GRI 3: Material Topics provides a structured process for identifying those impacts. This is not an abstract exercise. It enables companies to focus their attention, and their reporting, on the most material issues, which includes climate-related impacts.

Understanding impacts is also a foundational stage in clarifying risks and opportunities. Climate-related financial risks rarely emerge in isolation. They often originate in impacts on emissions, ecosystems, workers or communities. Companies that start with an effective impact assessment are better equipped to make these connections explicit and credible.

Beyond setting standards, the Global Reporting Initiative increasingly provides guidance to support this process – particularly where impacts, risks and opportunities intersect.

Climate reporting cannot be separated from nature. The links between climate change, biodiversity loss and ecosystem degradation are now well established, but they are not always reflected clearly in corporate disclosure.

This is why GRI has collaborated closely with the Taskforce on Nature-related Financial Disclosures (TNFD) to develop practical guidance and case studies, on how to use the GRI Standards and TNFD Recommendations together. These resources show how organisations can assess impacts on nature and translate them into decision-useful information about risks and opportunities.
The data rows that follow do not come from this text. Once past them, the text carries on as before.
-- ===== src/Claims/Lists.antt =====
-- What the list operations keep of the sealed claims (src/core/claims.ts).
use cairn_wallet.Base.{
  ℕ, ◌-◌, ◌≡◌, refl, ap, ◌∙◌, inl, inr, Bool, true, false, ◌&&◌, ◌||◌, not, List, [], ◌∷◌, keep,
  any, length, leb, arith, Bool-cases, if◌then◌else◌,
}
use cairn_wallet.Base.Text.{Text, text_eq, text_eq_iff}
use cairn_wallet.Base.Eq.{text_key, put, lookup-put}
use cairn_wallet.Vault.Keystore.{Cipher}
use cairn_wallet.Claims.{
  Preimage, SealRec, SealLists, Claims, SealKey, seals_at, seal_cap, evict, cap_seals, is_parked_as,
  has_seal, merge_parked, reencrypt,
}

-- a record of the id is marked as revealed
abbrev pub is_open_in : Text → List SealRec → Bool
is_open_in id list = any (λ (r : SealRec). text_eq r.txid id && r.revealed) list

-- a parked or stored record of the account's claim is there
abbrev pub holds : Text → Text → Claims → Bool
holds k id c = any (is_parked_as k id) c.parked || has_seal id (seals_at k c.stored)

-- a parked or stored record of the account's claim is marked as revealed
abbrev pub is_open : Text → Text → Claims → Bool
is_open k id c =
    any (λ (p : Text × SealRec). is_parked_as k id p && p.1.revealed) c.parked
    || is_open_in id (seals_at k c.stored)

-- Eviction takes away revealed records alone.
has_seal-evict :
    (id : Text) (n : ℕ) (list : List SealRec)
    → is_open_in id list ≡ false
    → (has_seal id (evict n list).1 ≡ has_seal id list) × (is_open_in id (evict n list).1 ≡ false)
unfolding evict has_seal
has_seal-evict id n [] h = (refl, refl)
has_seal-evict id n (r ∷ rs) h =
    let (a, b) = has_seal-evict id n rs (ground (arith, h)) in
    (ground (arith, h, a), ground (arith, h, b))

pub has_seal-cap_seals :
    (id : Text) (list : List SealRec)
    → is_open_in id list ≡ false
    → (has_seal id (cap_seals list) ≡ has_seal id list) × (is_open_in id (cap_seals list) ≡ false)
unfolding cap_seals
has_seal-cap_seals id list h = elim (Bool-cases (leb (length list) seal_cap)) [
  | inl e ↦ rw e (refl, h)
  | inr e ↦ rw e (has_seal-evict id (length list - seal_cap) list h)
]

has_seal-same :
    (a b : Text) (list : List SealRec) → text_eq a b ≡ true → has_seal a list ≡ has_seal b list
has_seal-same a b list e = ap (λ (t : Text). has_seal t list) ((text_eq_iff a b).0 e)

pub has_seal-merge_parked :
    (sk id : Text) (ps : List (Text × SealRec)) (list : List SealRec)
    → has_seal id (merge_parked sk ps list) ≡ (any (is_parked_as sk id) ps || has_seal id list)
unfolding merge_parked has_seal
has_seal-merge_parked sk id [] list = refl
has_seal-merge_parked sk id (p ∷ ps) list =
    has_seal-merge_parked sk id ps
      (if text_eq p.0 sk && not (has_seal p.1.txid list) then p.1 ∷ list else list)
    ∙ ground (arith, has_seal-same p.1.txid id list)

pub is_open_in-merge_parked :
    (sk id : Text) (ps : List (Text × SealRec)) (list : List SealRec)
    → any (λ (p : Text × SealRec). is_parked_as sk id p && p.1.revealed) ps ≡ false
    → is_open_in id list ≡ false
    → is_open_in id (merge_parked sk ps list) ≡ false
unfolding merge_parked
is_open_in-merge_parked sk id [] list h k = k
is_open_in-merge_parked sk id (p ∷ ps) list h k =
    is_open_in-merge_parked sk id ps
      (if text_eq p.0 sk && not (has_seal p.1.txid list) then p.1 ∷ list else list)
      (ground (arith, h)) (ground (arith, h, k))

pub has_seal-reencrypt :
    (cipher : Cipher Preimage) (ivs : SealRec → Text) (w : SealKey) (id : Text)
    (list : List SealRec)
    → (has_seal id (reencrypt cipher ivs w list) ≡ has_seal id list)
      × (is_open_in id (reencrypt cipher ivs w list) ≡ is_open_in id list)
unfolding has_seal reencrypt
has_seal-reencrypt cipher ivs w id [] = ground arith
has_seal-reencrypt cipher ivs w id (r ∷ rs) = ground (arith, has_seal-reencrypt cipher ivs w id rs)

pub seals_at-put :
    (j k : Text) (r : List SealRec) (s : SealLists)
    → seals_at j (put k r s) ≡ (if text_eq j k then r else seals_at j s)
unfolding seals_at
seals_at-put j k r s = ground (arith, lookup-put j k r s)

pub any-keep :
    (sk : Text) (q : Text × SealRec → Bool) (ps : List (Text × SealRec))
    → any q ps ≡ false
    → any q (keep (λ (p : Text × SealRec). not (text_eq p.0 sk)) ps) ≡ false
any-keep sk q [] h = refl
any-keep sk q (p ∷ ps) h = ground (arith, h, any-keep sk q ps)

pub any-keep-other :
    (sk k id : Text) (ps : List (Text × SealRec))
    → text_eq k sk ≡ false
    → any (is_parked_as k id) (keep (λ (p : Text × SealRec). not (text_eq p.0 sk)) ps)
      ≡ any (is_parked_as k id) ps
any-keep-other sk k id [] h = refl
any-keep-other sk k id (p ∷ ps) h =
    ground (
      arith,
      h,
      any-keep-other sk k id ps h,
      text_eq_iff p.0 k,
      text_eq_iff p.0 sk,
      text_eq_iff k sk,
    )

-- The claim of the account is held, and no record of it is marked as revealed.
abbrev pub IsSealed : Text → Text → Claims → Type 0
IsSealed k id c = (holds k id c ≡ true) × (is_open k id c ≡ false)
Following the 2025 launch of GRI’s Climate Change Standard, GRI is working to add more practical support that will help companies respond to evolving regulatory expectations on climate, with GRI 102 case studies to be made available in the coming months.
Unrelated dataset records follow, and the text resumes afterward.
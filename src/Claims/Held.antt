-- ===== src/Claims/Held.antt =====
-- No unrevealed claim is lost (src/core/claims.ts `persistSeal`, `capSeals`).
use cairn_wallet.Base.{
  subst, ◌≡◌, refl, ap, ◌∙◌, inl, inr, Bool, true, false, ◌&&◌, ◌||◌, not, Option, none, some, List,
  [], ◌∷◌, ◌++◌, keep, any, arith, Bool-cases, Option-cases, &&_split, if◌then◌else◌,
}
use cairn_wallet.Base.Text.{Text, text_eq, text_eq_iff}
use cairn_wallet.Base.Eq.{text_key, put}
use cairn_wallet.Vault.Keystore.{Cipher}
use cairn_wallet.History.{Disk}
use cairn_wallet.Claims.{
  Preimage, SealRec, Claims, SealKey, seals_at, cap_seals, is_parked_as, has_seal, merge_parked,
  parked_keys, park_seal, reencrypt, write_list, write_lists, persist_seal,
}
use cairn_wallet.Claims.Lists.{
  is_open_in, holds, is_open, has_seal-cap_seals, has_seal-merge_parked, is_open_in-merge_parked,
  has_seal-reencrypt, seals_at-put, any-keep, any-keep-other, IsSealed,
}

module _ (cipher : Cipher Preimage) (ivs : SealRec → Text) (w : SealKey) (k id : Text) where
  written-IsSealed :
      (c : Claims)
      → IsSealed k id c
      → IsSealed k id (record {
        stored =
            put k
              (cap_seals (reencrypt cipher ivs w (merge_parked k c.parked (seals_at k c.stored))))
              c.stored;
        parked = keep (λ (p : Text × SealRec). not (text_eq p.0 k)) c.parked;
      })
  written-IsSealed c h =
      let merged : List SealRec = merge_parked k c.parked (seals_at k c.stored) in
      let list : List SealRec = reencrypt cipher ivs w merged in
      let (re_has, re_open) = has_seal-reencrypt cipher ivs w id merged in
      let has_m : has_seal id merged ≡ true =
        has_seal-merge_parked k id c.parked (seals_at k c.stored) ∙ h.0 in
      let open_m : is_open_in id merged ≡ false =
        is_open_in-merge_parked k id c.parked (seals_at k c.stored) (ground (arith, h))
          (ground (arith, h)) in
      let (cap_has, cap_open) = has_seal-cap_seals id list (re_open ∙ open_m) in
      let at : seals_at k (put k (cap_seals list) c.stored) ≡ cap_seals list =
        seals_at-put k k (cap_seals list) c.stored
        ∙ ap (λ (b : Bool). if b then cap_seals list else seals_at k c.stored)
            ((text_eq_iff k k).1 refl) in
      let has_at : has_seal id (seals_at k (put k (cap_seals list) c.stored)) ≡ true =
        ap (has_seal id) at ∙ (cap_has ∙ (re_has ∙ has_m)) in
      let open_at : is_open_in id (seals_at k (put k (cap_seals list) c.stored)) ≡ false =
        ap (is_open_in id) at ∙ cap_open in
      let closed : any (λ (p : Text × SealRec). is_parked_as k id p && p.1.revealed)
            (keep (λ (p : Text × SealRec). not (text_eq p.0 k)) c.parked)
          ≡ false =
        any-keep k (λ (p : Text × SealRec). is_parked_as k id p && p.1.revealed) c.parked
          (ground (arith, h)) in
      (rw has_at (ground arith), rw (closed, open_at) refl)

  other-IsSealed :
      (sk : Text) (rows : List SealRec) (c : Claims)
      → text_eq k sk ≡ false
      → IsSealed k id c
      → IsSealed k id (record {
        stored = put sk rows c.stored;
        parked = keep (λ (p : Text × SealRec). not (text_eq p.0 sk)) c.parked;
      })
  other-IsSealed sk rows c e h =
      let at : seals_at k (put sk rows c.stored) ≡ seals_at k c.stored =
        seals_at-put k sk rows c.stored
        ∙ ap (λ (b : Bool). if b then rows else seals_at k c.stored) e in
      let closed : any (λ (p : Text × SealRec). is_parked_as k id p && p.1.revealed)
            (keep (λ (p : Text × SealRec). not (text_eq p.0 sk)) c.parked)
          ≡ false =
        any-keep sk (λ (p : Text × SealRec). is_parked_as k id p && p.1.revealed) c.parked
          (ground (arith, h)) in
      (rw (any-keep-other sk k id c.parked e, at) h.0, rw (closed, at) (ground (arith, h)))

  write_list-IsSealed :
      (disk : Disk) (sk : Text) (c : Claims)
      → IsSealed k id c
      → IsSealed k id (write_list cipher ivs w disk sk c)
  unfolding write_list
  write_list-IsSealed disk sk c h = elim (Bool-cases (disk.reads && disk.writes)) [
    | inr d ↦ rw d h
    | inl d ↦ rw d (elim (Bool-cases (text_eq k sk)) [
      | inr e ↦
          other-IsSealed sk
            (cap_seals (reencrypt cipher ivs w (merge_parked sk c.parked (seals_at sk c.stored)))) c
            e h
      | inl e ↦ rw (← (text_eq_iff k sk).0 e) (written-IsSealed c h)
    ])
  ]

  write_lists-IsSealed :
      (disks : Text → Disk) (sks : List Text) (c : Claims)
      → IsSealed k id c
      → IsSealed k id (write_lists cipher ivs w disks sks c)
  unfolding write_lists
  write_lists-IsSealed disks [] c h = h
  write_lists-IsSealed disks (sk ∷ sks) c h =
      write_lists-IsSealed disks sks (write_list cipher ivs w (disks sk) sk c)
        (write_list-IsSealed (disks sk) sk c h)

-- the call brings the record of the account's claim
abbrev pub adds : Text → Text → Option (Text × SealRec) → Bool
adds k id none = false
adds k id (some p) = is_parked_as k id p

abbrev pub adds_revealed : Option (Text × SealRec) → Bool
adds_revealed none = false
adds_revealed (some p) = p.1.revealed

any-append :
    (q : Text × SealRec → Bool) (ps : List (Text × SealRec)) (p : Text × SealRec)
    → any q (ps ++ p ∷ []) ≡ (any q ps || q p)
any-append q [] p = ground arith
any-append q (x ∷ ps) p = ground (arith, any-append q ps p)

any-same :
    (j i k id : Text) (ps : List (Text × SealRec))
    → (text_eq j k && text_eq i id) ≡ true
    → any (is_parked_as j i) ps ≡ true
    → any (is_parked_as k id) ps ≡ true
any-same j i k id ps e h =
    let (a, b) = &&_split e in rw (← (text_eq_iff j k).0 a) (rw (← (text_eq_iff i id).0 b) h)

-- What parking leaves: nothing is lost, and what it drops was dropped after a reset.
Parks : Text → Text → Claims → Option Claims → Type 0
Parks k id c none = holds k id c ≡ true
Parks k id c (some c') = IsSealed k id c'

park_seal-Parks :
    (k id : Text) (wiped : Bool) (new : Option (Text × SealRec)) (c : Claims)
    → is_open k id c ≡ false
    → (adds k id new ≡ true → adds_revealed new ≡ false)
    → (holds k id c || (adds k id new && not wiped)) ≡ true
    → Parks k id c (park_seal wiped new c)
unfolding park_seal Parks
park_seal-Parks k id wiped none c o r h = (ground (arith, h), o)
park_seal-Parks k id wiped (some (j, e)) c o r h =
    elim (Bool-cases (any (is_parked_as j e.txid) c.parked)) [
      | inl p ↦ rw p (ground (arith, h, any-same j e.txid k id c.parked, p), o)
      | inr p ↦ elim (Bool-cases wiped) [
        | inl x ↦ rw (p, x) (ground (arith, h, x))
        | inr x ↦
            rw (p, x)
              (
                ground (arith, h, any-append (is_parked_as k id) c.parked (j, e)),
                ground (
                  arith,
                  o,
                  r,
                  any-append (λ (q : Text × SealRec). is_parked_as k id q && q.1.revealed) c.parked
                      (j, e),
                ),
              )
      ]
    ]

module _ (cipher : Cipher Preimage) (ivs : SealRec → Text) (w : SealKey) where
  -- The record of a claim that is brought to `persistSeal`, or that is parked or stored already, is parked or stored
  -- afterwards, whichever reads and writes of the store fail and however full its list is, as long as no record of
  -- it is marked as revealed. A record that is brought after a reset is the exception.
  pub persist_seal-holds :
      (unlocked wiped : Bool) (disks : Text → Disk) (new : Option (Text × SealRec)) (c : Claims)
      (k id : Text)
      → is_open k id c ≡ false
      → (adds k id new ≡ true → adds_revealed new ≡ false)
      → (holds k id c || (adds k id new && not wiped)) ≡ true
      → holds k id (persist_seal cipher unlocked wiped ivs w disks new c) ≡ true
  unfolding persist_seal
  persist_seal-holds unlocked wiped disks new c k id o r h =
      let p : Parks k id c (park_seal wiped new c) = park_seal-Parks k id wiped new c o r h in
      elim (Option-cases (park_seal wiped new c)) [
        | inl e ↦
            let q : Parks k id c none = subst (Parks k id c) e p in
            unfold Parks in rw (e, persist_seal) q
        | inr (c', e) ↦
            let q : Parks k id c (some c') = subst (Parks k id c) e p in
            unfold Parks in
            rw (e, persist_seal)
              (elim (Bool-cases unlocked) [
                | inl u ↦
                    rw u
                      (write_lists-IsSealed cipher ivs w k id disks (parked_keys [] c'.parked) c'
                        q).0
                | inr u ↦ rw u q.0
              ])
      ]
Regulatory clarity to reporting quality

China’s climate disclosure standard is an important step forward. It affirms the role of impact information, aligns with global developments, and provides companies with flexibility where implementation challenges are most acute.
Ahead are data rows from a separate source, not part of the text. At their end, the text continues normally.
-- ===== src/Claims/Sealing.antt =====
-- The preimages of the sealed claims (src/core/claims.ts `openPreimage`, `reencryptLegacyPreimages`, `revealClaim`).
use cairn_wallet.Base.{
  subst, ◌≡◌, refl, ap, ◌∙◌, ◌⊎◌, inl, inr, Bool, true, false, none, some, List, [], ◌∷◌, map, all,
  arith, Option-cases,
}
use mathlib.Core.Option.{some-injective}
use cairn_wallet.Base.Text.{Text}
use cairn_wallet.Vault.{Result, ok, err}
use cairn_wallet.Vault.Keystore.{Key, Cipher, open_with-seal_with}
use cairn_wallet.History.{Disk}
use cairn_wallet.Claims.{
  Preimage, SealRec, Claims, SealKey, text_or_empty, is_defined, open_preimage, is_legacy,
  reencrypt_one, reencrypt, find_seal, content_of, Content, RevealError, reveal_content,
  reveal_claim,
}

-- no preimage in clear
abbrev pub is_encrypted : SealRec → Bool
is_encrypted r = elim r.claim [
  | some t ↦ false
  | none ↦ elim r.nonce [ some t ↦ false | none ↦ true ]
]

-- a record has its preimage in one form alone
abbrev pub is_one_form : SealRec → Bool
is_one_form r = elim r.enc [ none ↦ true | some v ↦ is_encrypted r ]

module _ (cipher : Cipher Preimage) (ivs : SealRec → Text) (w : SealKey) (key : Key) where
  open_preimage-reencrypt_one :
      (iv : Text) (r : SealRec)
      → w.key ≡ some key
      → open_preimage cipher w (reencrypt_one cipher iv key w r) ≡ open_preimage cipher w r
  unfolding open_preimage reencrypt_one is_legacy
  open_preimage-reencrypt_one iv r e = ground (
    arith,
    e,
    open_with-seal_with cipher iv
        (record { claim = text_or_empty r.claim; nonce = text_or_empty r.nonce }) key w.salt w.iter,
  )

  is_encrypted-reencrypt_one :
      (iv : Text) (r : SealRec)
      → is_one_form r ≡ true
      → is_encrypted (reencrypt_one cipher iv key w r) ≡ true
  unfolding reencrypt_one is_legacy is_defined
  is_encrypted-reencrypt_one iv r h = ground (arith, h)

  -- With the wallet unlocked, encrypting the records of an old version changes no preimage, and leaves none in clear.
  pub open_preimage-reencrypt :
      (list : List SealRec)
      → w.key ≡ some key
      → all is_one_form list ≡ true
      → (map (open_preimage cipher w) (reencrypt cipher ivs w list)
          ≡ map (open_preimage cipher w) list)
        × (all is_encrypted (reencrypt cipher ivs w list) ≡ true)
  unfolding reencrypt
  open_preimage-reencrypt [] e h = ground (arith, e)
  open_preimage-reencrypt (r ∷ rs) e h = ground (
    arith,
    e,
    h,
    open_preimage-reencrypt rs e,
    open_preimage-reencrypt_one (ivs r) r e,
    is_encrypted-reencrypt_one (ivs r) r,
  )

-- what was published is the account's own record of a commit that the node shows mined
pub record IsOwnMined (cipher : Cipher Preimage) (is_mined : Text → Bool) (w : SealKey)
    (k id : Text) (c : Claims) (m : Content) : Type 0 where
  pub same_commit : m.commit ≡ id
  pub mined : is_mined m.commit ≡ true
  pub own :
      (r : SealRec) × (find_seal k id c ≡ some r)
      × (r.domain ≡ m.domain)
      × (open_preimage cipher w r ≡ ok m.preimage)

content_of-eq :
    (is_mined : Bool) (id domain : Text) (o : Result Preimage) (m : Content)
    → content_of is_mined id domain o ≡ inr m
    → (is_mined ≡ true) × (m.commit ≡ id) × (domain ≡ m.domain) × (o ≡ ok m.preimage)
unfolding content_of
content_of-eq false id domain o m h = absurd (cc)
content_of-eq true id domain (err e) m h = absurd (cc)
content_of-eq true id domain (ok p) m h = (refl, ground arith, ground arith, ground arith)

module _ (cipher : Cipher Preimage) (is_mined : Text → Bool) (w : SealKey) (k id : Text)
    (c : Claims) where
  reveal_content-IsOwnMined :
      (m : Content)
      → reveal_content cipher is_mined w k id c ≡ inr m
      → IsOwnMined cipher is_mined w k id c m
  unfolding reveal_content
  reveal_content-IsOwnMined m h = elim (Option-cases (find_seal k id c)) [
    | inl e ↦ absurd (ground (arith, e, h))
    | inr (r, e) ↦
        let g : content_of (is_mined id) id r.domain (open_preimage cipher w r) ≡ inr m =
          rw (e, reveal_content) at h in
        let (a, b, d, o) = content_of-eq (is_mined id) id r.domain (open_preimage cipher w r) m g in
        record { same_commit = b; mined = ap is_mined b ∙ a; own = (r, e, d, o) }
  ]

  reveal_cases :
      (o : RevealError ⊎ Content)
      → ((e : RevealError) × (o ≡ inl e)) ⊎ ((m : Content) × (o ≡ inr m))
  reveal_cases (inl e) = inl (e, refl)
  reveal_cases (inr m) = inr (m, refl)

  -- `revealClaim` publishes a preimage only for a commit that the node shows mined at that moment, and it is the
  -- preimage of the account's own record of that commit, opened with the key of the unlocked wallet.
  pub reveal_claim-IsOwnMined :
      (register : Content → Bool) (unlocked : Bool) (ivs : SealRec → Text) (disk : Disk)
      (late : Claims) (m : Content)
      → (reveal_claim cipher is_mined register unlocked ivs w disk k id c late).0 ≡ some m
      → IsOwnMined cipher is_mined w k id c m
  unfolding reveal_claim
  reveal_claim-IsOwnMined register unlocked ivs disk late m h =
      elim (reveal_cases (reveal_content cipher is_mined w k id c)) [
        | inl (e, f) ↦ absurd (ground (arith, f, h))
        | inr (m', f) ↦
            let g : some m' ≡ some m = rw (f, reveal_claim) at h in
            subst (IsOwnMined cipher is_mined w k id c) (some-injective _ _ g)
              (reveal_content-IsOwnMined m' f)
      ]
GRI stands ready to support the next phase. With extensive experience across regions and sectors, we are keen to work with regulators and companies in China, sharing our experience, in both climate and impact reporting more widely.

For companies, the message is clear. Strengthening impact assessment is the most effective place to start. The GRI Standards provide a blueprint for how to assess impacts effectively. And with standards on climate, energy, biodiversity and other interconnected topics, are a springboard for high-quality reporting that can be utilised to respond to the needs of regulators, investors and other stakeholders.

China has provided a clear regulatory signal. The opportunity now lies in translating that ambition into reporting that genuinely informs sustainable outcomes and drives climate action, in China and across global markets.

Dr. Guo Peiyuan co-founded sustainable business consultancy SnyTao in Beijing in 2005. He is chairman of SnyTao Green Finance and chief advisor of SynTao Consulting.

In January 2026, Guo was appointed as supervisory board member of GRI. He also serves on the Chinese Ministry of Finance’s Advisory Committee on Sustainability Disclosure Standards, is a member of the ESG Committee of the China Association for Public Companies, China representative to the UN Environment Programme Finance Initiative (UNEP-FI) and is a board member of the Asia Investor Group on Climate Change.